(EXERCISE INPUT begins)

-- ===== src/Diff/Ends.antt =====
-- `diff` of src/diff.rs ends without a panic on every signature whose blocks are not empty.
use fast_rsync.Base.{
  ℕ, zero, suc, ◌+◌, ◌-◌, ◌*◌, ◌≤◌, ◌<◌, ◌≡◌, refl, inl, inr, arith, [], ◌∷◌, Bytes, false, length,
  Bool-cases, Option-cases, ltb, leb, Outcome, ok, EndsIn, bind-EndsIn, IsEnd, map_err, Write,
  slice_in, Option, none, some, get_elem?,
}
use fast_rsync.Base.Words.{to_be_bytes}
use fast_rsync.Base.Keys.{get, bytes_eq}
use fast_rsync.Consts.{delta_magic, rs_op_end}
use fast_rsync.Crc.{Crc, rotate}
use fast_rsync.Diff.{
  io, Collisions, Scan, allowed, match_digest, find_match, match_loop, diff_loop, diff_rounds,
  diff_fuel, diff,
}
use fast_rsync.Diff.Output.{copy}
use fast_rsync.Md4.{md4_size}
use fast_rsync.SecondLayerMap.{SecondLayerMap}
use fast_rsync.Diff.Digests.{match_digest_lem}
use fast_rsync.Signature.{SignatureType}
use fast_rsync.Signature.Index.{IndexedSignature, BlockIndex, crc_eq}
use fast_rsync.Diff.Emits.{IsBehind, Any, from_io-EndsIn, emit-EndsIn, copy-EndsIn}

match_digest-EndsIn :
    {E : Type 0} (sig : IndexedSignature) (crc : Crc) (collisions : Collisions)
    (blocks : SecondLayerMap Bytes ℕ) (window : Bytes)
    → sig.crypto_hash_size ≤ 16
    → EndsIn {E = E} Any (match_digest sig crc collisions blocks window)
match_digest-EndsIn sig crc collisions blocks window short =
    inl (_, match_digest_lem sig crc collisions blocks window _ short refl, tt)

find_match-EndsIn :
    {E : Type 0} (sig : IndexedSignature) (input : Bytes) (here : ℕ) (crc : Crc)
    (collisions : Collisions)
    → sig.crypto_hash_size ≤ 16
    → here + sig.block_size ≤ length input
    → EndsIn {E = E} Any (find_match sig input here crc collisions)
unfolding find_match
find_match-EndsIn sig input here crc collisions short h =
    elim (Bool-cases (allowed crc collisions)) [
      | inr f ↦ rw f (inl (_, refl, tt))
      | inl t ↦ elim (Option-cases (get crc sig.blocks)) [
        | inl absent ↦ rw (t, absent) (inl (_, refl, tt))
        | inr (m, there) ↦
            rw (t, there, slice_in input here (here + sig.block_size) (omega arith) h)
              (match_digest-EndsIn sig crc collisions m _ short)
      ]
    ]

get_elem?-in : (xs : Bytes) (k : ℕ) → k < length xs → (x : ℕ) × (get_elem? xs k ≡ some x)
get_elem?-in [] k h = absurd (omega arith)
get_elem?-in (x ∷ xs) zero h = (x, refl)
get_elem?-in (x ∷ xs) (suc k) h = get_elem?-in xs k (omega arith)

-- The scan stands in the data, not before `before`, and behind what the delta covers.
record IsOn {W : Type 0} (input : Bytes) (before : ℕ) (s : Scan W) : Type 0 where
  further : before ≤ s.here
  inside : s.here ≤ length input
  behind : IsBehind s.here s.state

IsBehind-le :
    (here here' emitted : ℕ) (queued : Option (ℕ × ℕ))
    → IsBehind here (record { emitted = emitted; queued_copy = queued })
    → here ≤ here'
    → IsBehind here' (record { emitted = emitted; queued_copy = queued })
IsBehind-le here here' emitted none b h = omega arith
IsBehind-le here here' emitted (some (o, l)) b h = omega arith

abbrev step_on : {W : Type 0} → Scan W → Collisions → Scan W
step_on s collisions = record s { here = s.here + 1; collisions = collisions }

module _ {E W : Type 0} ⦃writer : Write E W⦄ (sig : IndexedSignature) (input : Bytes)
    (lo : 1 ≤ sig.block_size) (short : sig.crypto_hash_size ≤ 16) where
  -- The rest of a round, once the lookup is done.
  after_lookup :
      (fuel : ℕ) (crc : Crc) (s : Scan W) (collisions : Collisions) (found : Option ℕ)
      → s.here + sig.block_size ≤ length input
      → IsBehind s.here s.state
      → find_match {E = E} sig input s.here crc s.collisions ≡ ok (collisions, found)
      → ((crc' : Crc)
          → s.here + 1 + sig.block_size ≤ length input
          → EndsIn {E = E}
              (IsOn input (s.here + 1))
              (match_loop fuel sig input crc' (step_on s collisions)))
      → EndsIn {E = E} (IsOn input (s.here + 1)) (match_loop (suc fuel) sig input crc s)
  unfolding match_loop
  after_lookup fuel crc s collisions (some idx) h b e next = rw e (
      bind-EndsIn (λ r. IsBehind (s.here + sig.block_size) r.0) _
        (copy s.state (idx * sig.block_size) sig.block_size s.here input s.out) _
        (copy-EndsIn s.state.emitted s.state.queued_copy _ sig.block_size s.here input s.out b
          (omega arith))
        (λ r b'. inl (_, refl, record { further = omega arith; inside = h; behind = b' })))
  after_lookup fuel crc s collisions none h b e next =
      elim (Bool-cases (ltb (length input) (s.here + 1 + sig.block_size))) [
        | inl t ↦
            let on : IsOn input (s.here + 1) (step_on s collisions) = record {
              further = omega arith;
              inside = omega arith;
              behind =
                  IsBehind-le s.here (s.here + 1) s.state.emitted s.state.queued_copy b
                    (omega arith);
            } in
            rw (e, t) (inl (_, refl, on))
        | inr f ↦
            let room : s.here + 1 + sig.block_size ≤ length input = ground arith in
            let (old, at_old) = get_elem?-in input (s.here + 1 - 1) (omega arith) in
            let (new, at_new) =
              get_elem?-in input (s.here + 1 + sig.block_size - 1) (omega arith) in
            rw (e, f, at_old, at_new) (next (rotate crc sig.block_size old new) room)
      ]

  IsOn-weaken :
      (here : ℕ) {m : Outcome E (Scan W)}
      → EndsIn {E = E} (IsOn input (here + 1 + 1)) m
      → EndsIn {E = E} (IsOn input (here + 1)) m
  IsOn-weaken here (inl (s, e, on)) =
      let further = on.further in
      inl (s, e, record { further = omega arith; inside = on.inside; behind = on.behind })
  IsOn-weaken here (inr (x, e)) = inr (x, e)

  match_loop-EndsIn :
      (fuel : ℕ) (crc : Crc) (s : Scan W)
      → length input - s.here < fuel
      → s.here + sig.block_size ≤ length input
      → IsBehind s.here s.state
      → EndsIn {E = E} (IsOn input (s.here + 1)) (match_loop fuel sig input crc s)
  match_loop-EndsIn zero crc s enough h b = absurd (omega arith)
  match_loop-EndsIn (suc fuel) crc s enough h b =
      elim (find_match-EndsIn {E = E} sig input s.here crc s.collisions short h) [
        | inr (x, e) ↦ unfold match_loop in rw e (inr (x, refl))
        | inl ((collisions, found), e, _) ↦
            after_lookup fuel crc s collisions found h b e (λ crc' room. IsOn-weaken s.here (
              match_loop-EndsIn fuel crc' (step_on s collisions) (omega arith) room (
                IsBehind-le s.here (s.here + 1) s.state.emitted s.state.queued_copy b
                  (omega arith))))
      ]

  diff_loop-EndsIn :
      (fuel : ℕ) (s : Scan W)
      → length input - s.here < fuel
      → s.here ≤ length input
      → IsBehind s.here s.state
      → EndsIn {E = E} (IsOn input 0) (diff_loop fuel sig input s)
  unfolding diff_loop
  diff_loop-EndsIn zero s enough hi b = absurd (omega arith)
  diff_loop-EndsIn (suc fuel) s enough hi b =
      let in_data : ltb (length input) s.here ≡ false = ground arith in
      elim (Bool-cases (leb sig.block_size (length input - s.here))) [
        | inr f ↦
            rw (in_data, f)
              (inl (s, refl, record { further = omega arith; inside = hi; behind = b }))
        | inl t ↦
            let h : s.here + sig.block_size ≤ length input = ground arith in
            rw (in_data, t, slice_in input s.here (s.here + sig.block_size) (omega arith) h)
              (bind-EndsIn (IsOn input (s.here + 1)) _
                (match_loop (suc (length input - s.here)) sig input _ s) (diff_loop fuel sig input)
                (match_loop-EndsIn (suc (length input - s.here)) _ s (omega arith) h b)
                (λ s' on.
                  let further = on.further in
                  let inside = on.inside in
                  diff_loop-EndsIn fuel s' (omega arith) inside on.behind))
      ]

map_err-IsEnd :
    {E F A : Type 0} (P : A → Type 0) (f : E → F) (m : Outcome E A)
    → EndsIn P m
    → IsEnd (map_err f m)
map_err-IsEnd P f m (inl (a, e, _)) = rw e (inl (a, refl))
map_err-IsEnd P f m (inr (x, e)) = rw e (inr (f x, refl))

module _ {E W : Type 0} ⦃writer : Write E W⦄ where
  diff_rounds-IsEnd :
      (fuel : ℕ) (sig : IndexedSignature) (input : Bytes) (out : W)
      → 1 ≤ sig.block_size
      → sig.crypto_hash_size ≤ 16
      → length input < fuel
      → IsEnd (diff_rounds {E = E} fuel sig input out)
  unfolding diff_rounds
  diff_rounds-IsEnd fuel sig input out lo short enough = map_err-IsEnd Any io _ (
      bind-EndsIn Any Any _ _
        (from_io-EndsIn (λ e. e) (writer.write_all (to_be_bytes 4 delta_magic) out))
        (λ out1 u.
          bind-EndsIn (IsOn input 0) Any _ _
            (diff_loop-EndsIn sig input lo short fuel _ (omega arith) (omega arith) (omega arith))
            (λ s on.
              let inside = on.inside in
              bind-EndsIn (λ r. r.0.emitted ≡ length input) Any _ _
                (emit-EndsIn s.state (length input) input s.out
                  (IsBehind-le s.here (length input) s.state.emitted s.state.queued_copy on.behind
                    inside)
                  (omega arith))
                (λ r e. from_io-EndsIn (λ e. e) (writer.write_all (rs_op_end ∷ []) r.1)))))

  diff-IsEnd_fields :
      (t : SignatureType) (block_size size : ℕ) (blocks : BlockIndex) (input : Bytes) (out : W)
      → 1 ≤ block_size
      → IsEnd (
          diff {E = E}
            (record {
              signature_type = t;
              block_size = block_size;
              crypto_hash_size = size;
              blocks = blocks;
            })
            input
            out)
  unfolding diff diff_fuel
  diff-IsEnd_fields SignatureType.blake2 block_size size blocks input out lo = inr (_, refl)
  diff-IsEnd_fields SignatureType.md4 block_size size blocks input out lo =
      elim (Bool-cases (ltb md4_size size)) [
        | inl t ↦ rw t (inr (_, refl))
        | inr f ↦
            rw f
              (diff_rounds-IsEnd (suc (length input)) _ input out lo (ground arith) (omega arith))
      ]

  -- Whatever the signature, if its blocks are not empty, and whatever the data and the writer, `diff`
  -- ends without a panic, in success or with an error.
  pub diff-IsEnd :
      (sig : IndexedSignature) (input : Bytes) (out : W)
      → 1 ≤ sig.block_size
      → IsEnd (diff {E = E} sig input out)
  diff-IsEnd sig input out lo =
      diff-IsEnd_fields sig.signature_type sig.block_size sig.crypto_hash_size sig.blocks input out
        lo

(EXERCISE INPUT ends)

Return the span of lines in the data above that opens at the line with "here crc collisions)" and closes at the line with "rw (t, there, slice_in", exactly, ends included, nothing else.

    → EndsIn {E = E} Any (find_match sig input here crc collisions)
unfolding find_match
find_match-EndsIn sig input here crc collisions short h =
    elim (Bool-cases (allowed crc collisions)) [
      | inr f ↦ rw f (inl (_, refl, tt))
      | inl t ↦ elim (Option-cases (get crc sig.blocks)) [
        | inl absent ↦ rw (t, absent) (inl (_, refl, tt))
        | inr (m, there) ↦
            rw (t, there, slice_in input here (here + sig.block_size) (omega arith) h)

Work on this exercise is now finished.